A thermodynamic model for calculating methane solubility, density and gas phase composition of methane-bearing aqueous fluids from 273 to 523 K and from 1 to 2000 bar

A thermodynamic model is presented to calculate methane solubility, liquid phase density and gas phase composition of the H 2O–CH 4 and H 2O–CH 4–NaCl systems from 273 to 523 K (possibly up to 573 K), from 1 to 2000 bar and from 0 to 6 mol kg −1 of NaCl with experimental accuracy. By a more strict theoretical approach and using updated experimental data, this model made substantial improvements over previous models: (1) the accuracy of methane solubility in pure water in the temperature range between 273 and 283 K is increased from about 10% to about 5%, but confirms the accuracy of the Duan model [Duan Z., Moller N., Weare J.H., 1992a.
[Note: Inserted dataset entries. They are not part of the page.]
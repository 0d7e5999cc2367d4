-- ===== src/Reaper/Loop.antt =====
-- reaper/__main__.py: the loop around `reap_once`.
use job_processing_workflow.Prelude.{ℕ, List, [], ◌∷◌, ◌++◌, nat_eq, ◌&&◌, if◌then◌else◌}
use job_processing_workflow.Models.{Time}
use job_processing_workflow.Store.{Store}
use job_processing_workflow.Service.{returned, Ended}
use job_processing_workflow.Reaper.{ReapStats, reap_once}

-- One round: the times of its calls, and what the other components do to the store while it sleeps.
pub record Round (S : Type 0) : Type 0 where
  pub clock : ℕ → Time
  pub meanwhile : S → S

-- The line that a sweep writes: none if it has found nothing to do.
abbrev pub line_of : ReapStats → List ReapStats
line_of stats = if nat_eq stats.requeued 0 && nat_eq stats.dead_lettered 0 then [] else stats ∷ []

module _ {S : Type 0} (store : Store S) (close_store : S → S) where
  -- `main` from the start of a round on, until KeyboardInterrupt comes between two rounds or while
  -- it sleeps; `output` are the lines that have been written.
  unfoldable pub loop : List ReapStats → List (Round S) → S → Ended S Unit (List ReapStats)
  loop output [] s = record { store = close_store s; kafka = tt; log = output; exit = returned 0 }
  loop output (round ∷ rounds) s =
      let (after, stats) = reap_once store round.clock s in
      loop (output ++ line_of stats) rounds (round.meanwhile after)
Prediction of methane solubilities in natural waters to high ionic strength from 0 to 250 °C and from 0 to 1600 bar. Geochim. Cosmochim. Acta 56, 1451–1460] above 283 K up to 2000 bar; (2) the accuracy of methane solubility in the NaCl aqueous solutions is increased from >12% to about 6% on average from 273 K and 1 bar to 523 K and 2000 bar; (3) this model is able to calculate water content in the gas phase and liquid phase density, which cannot be calculated by previous models; and (4) it covers a wider range of temperature and pressure space. With a simple approach, this model is extended to predict CH 4 solubility in other aqueous salt solutions containing Na +, K +, Mg 2+, Ca 2+, Cl − and SO 4 2 − , such as seawater and geothermal brines, with excellent accuracy. This model is also able to calculate homogenization pressure of fluid inclusions (CH 4–H 2O–NaCl) and CH 4 solubility in water at gas–liquid–hydrate phase equilibrium. A computer code is developed for this model and can be downloaded from the website: www.geochem-model.org/programs.htm.